Opposition leader describes three loan decrees as a blank cheque

Thailand’s opposition leader, Sompong Amornvivat, today criticized the Government’s three public borrowing decrees, likening them to a blank cheque to spend without a proper screening mechanism.

Taking the floor after Prime Minister Prayut Chan-o-cha, the Pheu Thai party leader said he welcomed Thailand’s success in containing the spread of COVID-19, but said that the blunders and mismanagement by the Government in the handling of the situation, which ranged from the shortage of face masks and PPE to the confusion over the handling of Thais returning from abroad and the refusal to lift the state of emergency, despite the improving situation.

Mr. Sompong said the decrees will empower the administration to borrow and spend the money at will, with insufficient checks and balances, epitomized by a loan disbursement screening committee made up of just a handful of people.

The one trillion baht proposed public sector borrowing will be divided into 45 billion for activities and work to contain coronavirus, 555 billion to help citizens in the form of cash subsidies and 400 billion for economic rehabilitation.

Mr. Sompong said he is most concerned with the money for economic rehabilitation, noting that the fund has already been distributed to various ministries, even before the decree is debated in Parliament.

As for the soft loans for SMEs by commercial banks, the opposition leader said there will be a tendency for the lending banks to provide loans to their trusted SMEs, while those in trouble and in need of funding will be left at the back of the queue.

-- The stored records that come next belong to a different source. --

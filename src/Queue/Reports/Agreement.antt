-- ===== src/Queue/Reports/Agreement.antt =====
-- The reports of janus_graph/pipeline/queue.py on the dead letters, against each other.
use janus_graph.Base.{
  ℕ, Text, List, [], ◌∷◌, map, Bool, false, ◌&&◌, ◌||◌, ◌≡◌, refl, arith, ◌+◌, ◌≤◌, any, count,
  count-le, count-or,
}
use janus_graph.Queue.Schema.{DeadLetter, Db}
use janus_graph.Queue.Policy.{mentions}
use janus_graph.Queue.Reports.{
  is_open, get_stats, dlq_class_predicate, dlq_class_counts, dlq_class_union_count,
}

-- The sum of the entries.
pub total : List (Text × ℕ) → ℕ
total [] = 0
total (e ∷ entries) = e.1 + total entries

count-none : {A : Type 0} (p : A → Bool) (xs : List A) → count (λ x. p x && false) xs ≡ 0
unfolding count
count-none p [] = refl
count-none p (x ∷ xs) = ground (arith, count-none p xs)

count-union :
    (classes : List Text) (dead : List DeadLetter)
    → count (λ d. is_open d && dlq_class_predicate classes d.last_error) dead
      ≤ total (map (λ cls. (cls, count (λ d. is_open d && mentions cls d.last_error) dead)) classes)
unfolding dlq_class_predicate any total
count-union [] dead = omega (arith, count-none is_open dead)
count-union (c ∷ classes) dead = omega (
  arith,
  count-le (λ d. is_open d && (mentions c d.last_error || dlq_class_predicate classes d.last_error))
      (λ d.
        (is_open d && mentions c d.last_error)
        || (is_open d && dlq_class_predicate classes d.last_error))
      dead (λ d h. ground arith),
  count-or (λ d. is_open d && mentions c d.last_error)
      (λ d. is_open d && dlq_class_predicate classes d.last_error) dead,
  count-union classes dead,
)

-- The number of open dead letters in any of the classes is at most the number of open dead
-- letters, and at most the sum of the counts of the classes: a dead letter in two classes is
-- counted once.
pub union-le :
    (classes : List Text) (db : Db)
    → (dlq_class_union_count classes db ≤ (get_stats db).dlq)
      × (dlq_class_union_count classes db ≤ total (dlq_class_counts classes db))
unfolding dlq_class_union_count get_stats dlq_class_counts
union-le [] db = (omega arith, omega arith)
union-le (c ∷ classes) db = (
  count-le (λ d. is_open d && dlq_class_predicate (c ∷ classes) d.last_error) is_open db.dead_letter
      (λ d h. ground arith),
  count-union (c ∷ classes) db.dead_letter,
)
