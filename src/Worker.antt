-- ===== src/Worker.antt =====
-- janus_graph/pipeline/worker.py (`EpisodeWorker`) and janus_graph/pipeline/retry.py. Graphiti is
-- foreign: `Ingest` says what creating the client and `add_episode` do with a call.
use janus_graph.Base.{
  ℕ, zero, suc, Text, codes, text_eq, contains, List, [], ◌∷◌, ◌++◌, Bool, true, false, not, ◌&&◌,
  ◌||◌, Option, none, some, ◌+◌, ◌-◌, ◌*◌, ◌^◌, any, take, is_none, is_space, leb, if◌then◌else◌,
}
use Prim.Native.Nat.{min}
use janus_graph.Hash.{canonical_payload_hash}
use janus_graph.Queue.Schema.{Payload, Json, malformed, not_dict, dict, EpisodeRecord, Db}
use janus_graph.Queue.Enqueue.{text_or}
use janus_graph.Queue.Marks.{
  mark_done, mark_failed, mark_aborted, update_checkpoint, mark_skipped_duplicate,
}
use janus_graph.Queue.Reports.{find_ingested_duplicate}
pub mod Routing
pub mod Backstop
mod Examples

-- An exception: its class, whether it is a TypeError, ValueError or KeyError, and `str(exc)`.
pub record Exception : Type 0 where
  pub class_name : Text
  pub is_fatal : Bool
  pub message : Text

abbrev pub schema_signatures : List Text
schema_signatures =
    codes "ExtractedEdges()"
    ∷ codes "ExtractedEntities()"
    ∷ codes "entity_resolutions"
    ∷ codes "duplicate_facts"
    ∷ codes "SummarizedEntities"
    ∷ codes "argument after ** must be a mapping"
    ∷ []

-- In seconds, for whole-numbered bases and factors.
unfoldable pub compute_backoff_seconds : (attempt base factor : ℕ) → ℕ
compute_backoff_seconds attempt base factor = min (base * factor ^ (attempt - 1)) 300

is_schema_error : Exception → Bool
is_schema_error e =
    text_eq e.class_name (codes "ValidationError")
    || any (λ sig. contains e.message sig) schema_signatures

unfoldable pub should_retry : EpisodeRecord → Exception → ℕ → Bool
unfolding is_schema_error
should_retry r e max_attempts =
    not (leb max_attempts (r.attempt_count + 1)) && not e.is_fatal && not (is_schema_error e)

lstrip : Text → Text
lstrip [] = []
lstrip (c ∷ s) = if is_space c then lstrip s else c ∷ s

rstrip : Text → Text
rstrip [] = []
rstrip (c ∷ s) = elim (rstrip s) [ [] ↦ if is_space c then [] else c ∷ [] | d ∷ t ↦ c ∷ d ∷ t ]

pub strip : Text → Text
unfolding lstrip rstrip
strip s = rstrip (lstrip s)

unfoldable pub describe_exception : Exception → Text
unfolding strip
describe_exception e = elim (strip e.message) [
  | [] ↦ e.class_name ++ codes ": <no message>"
  | c ∷ s ↦ e.class_name ++ codes ": " ++ c ∷ s
]

pub send_to_dlq : ℕ → EpisodeRecord → Exception → Db → Db
send_to_dlq now r e db = mark_aborted now r.id (describe_exception e) db

-- What `add_episode` is called with, and the clock at the call of `datetime.now`.
pub record Call : Type 0 where
  pub name : Text
  episode_body : Text
  pub source_description : Text
  reference_time : ℕ
  pub group_id : Text

-- Creating the client and running the call: done, an exception, or cut off by the timeout.
pub data Ingest : Type 0 where
  ingested : Ingest
  failed_with timed_out : Exception → Ingest

-- How one ingestion ends: the new state with the call that was made, if any, or an exception.
pub data Ending : Type 0 where
  handled : Option Call → Ending
  raised : Exception → Ending

abbrev pub attribute_error : Exception
attribute_error = record {
  class_name = codes "AttributeError";
  is_fatal = false;
  message = codes "'list' object has no attribute 'get'";
}

-- What `content.strip()` raises on a value that is no text.
abbrev pub strip_error : Exception
strip_error = record {
  class_name = codes "AttributeError";
  is_fatal = false;
  message = codes "'NoneType' object has no attribute 'strip'";
}

-- `payload.get(key, default)`
abbrev pub get_text : Option Text → Text → Text
get_text none d = d
get_text (some s) d = s

-- The time in the record, if it has one; else the time of the ingestion.
abbrev pub reference_time_of : ℕ → EpisodeRecord → ℕ
reference_time_of now r = elim r.created_at [ none ↦ now | some t ↦ t ]

module _ (default_group : Text) (ingest : Call → Ingest) (now : ℕ) where
  pub call_of : EpisodeRecord → Payload → Call
  call_of r p = record {
    name = text_or p.name (codes "ep_" ++ take 8 r.id);
    episode_body = get_text p.content [];
    source_description = get_text p.source_description (codes "agent_interaction");
    reference_time = reference_time_of now r;
    group_id = text_or p.group_id default_group;
  }

  -- `_execute_ingestion` on a payload that is a dictionary.
  pub ingest_payload : EpisodeRecord → Payload → Db → Db × Ending
  unfolding call_of strip
  ingest_payload r p db =
      if p.content_is_no_text
      then (db, raised strip_error)
      else elim (strip (get_text p.content [])) [
        | [] ↦ (mark_done now r.id db, handled none)
        | c ∷ s ↦
            let started = update_checkpoint now r.id (codes "ingesting") db in
            elim (ingest (call_of r p)) [
              | ingested ↦ (mark_done now r.id started, handled (some (call_of r p)))
              | failed_with e ↦ (started, raised e)
              | timed_out e ↦ (started, raised e)
            ]
      ]

  pub execute_ingestion : EpisodeRecord → Db → Db × Ending
  unfolding ingest_payload
  execute_ingestion r db = elim r.payload [
    | dict p ↦ ingest_payload r p db
    | _ ↦ (db, raised attribute_error)
  ]

  -- Both `except` branches of `process_record`.
  pub route_failure : EpisodeRecord → Exception → Db → Db
  unfolding send_to_dlq
  route_failure r e db =
      if should_retry r e 3
      then mark_failed now r.id (describe_exception e) db
      else send_to_dlq now r e db

  pub settle : EpisodeRecord → Db × Ending → Db × Bool
  unfolding route_failure
  settle r (db, handled call) = (db, true)
  settle r (db, raised e) = (route_failure r e db, false)

  -- `_backstop_skip_if_ingested` once the settings enable it: the row that was ingested already.
  pub ingested_as : (Text → Text) → EpisodeRecord → Db → Option (Text × Text)
  ingested_as digest r db = elim r.payload [
    | dict p ↦ elim p.content [
      | none ↦ none
      | some content ↦ elim p.group_id [
        | none ↦ none
        | some group ↦ elim p.source_description [
          | none ↦ none
          | some source ↦
              let h = canonical_payload_hash digest content group source in
              elim (find_ingested_duplicate h db) [
                | none ↦ none
                | some id ↦ if text_eq id r.id then none else some (id, h)
              ]
        ]
      ]
    ]
    | _ ↦ none
  ]

  pub process_record :
      (Text → Text) → (backstop_enabled : Bool) → (pid : Text) → EpisodeRecord → Db → Db × Bool
  unfolding ingested_as execute_ingestion settle
  process_record digest false pid r db = settle r (execute_ingestion r db)
  process_record digest true pid r db = elim (ingested_as digest r db) [
    | some (id, h) ↦ (mark_skipped_duplicate now now pid r.id (some id) (some h) db, true)
    | none ↦ settle r (execute_ingestion r db)
  ]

He also said that there is no need for the Bank of Thailand to step in stabilize the bond market, because that is the role of commercial banks.

Pheu Thai party secretary-general Anudit Nakorntap, meanwhile, said that the Government has over extended “without first checking the amount of money already in its pockets.”

He said that the defence procurement budget could be delayed and the money used to cushion the impacts of the virus on the economy, businesses and the people.

He said that the Thai economy has been slowing steadily since General Prayut became Prime Minister in 2014, with public debt piling up to the tune of 2.6 trillion baht, excluding this year’s 2.5 trillion baht additional borrowing.

Based on the requirement to service 48 billion baht in debt each year, Anudit said it would take Thailand about 90 years to repay all the borrowed money.

“The Prime Minister will write a new chapter in Thai history, by being the first leader to drag every Thai citizen into debts of several hundred thousand baht for every man, woman and child,” said the Pheu Thai secretary-general.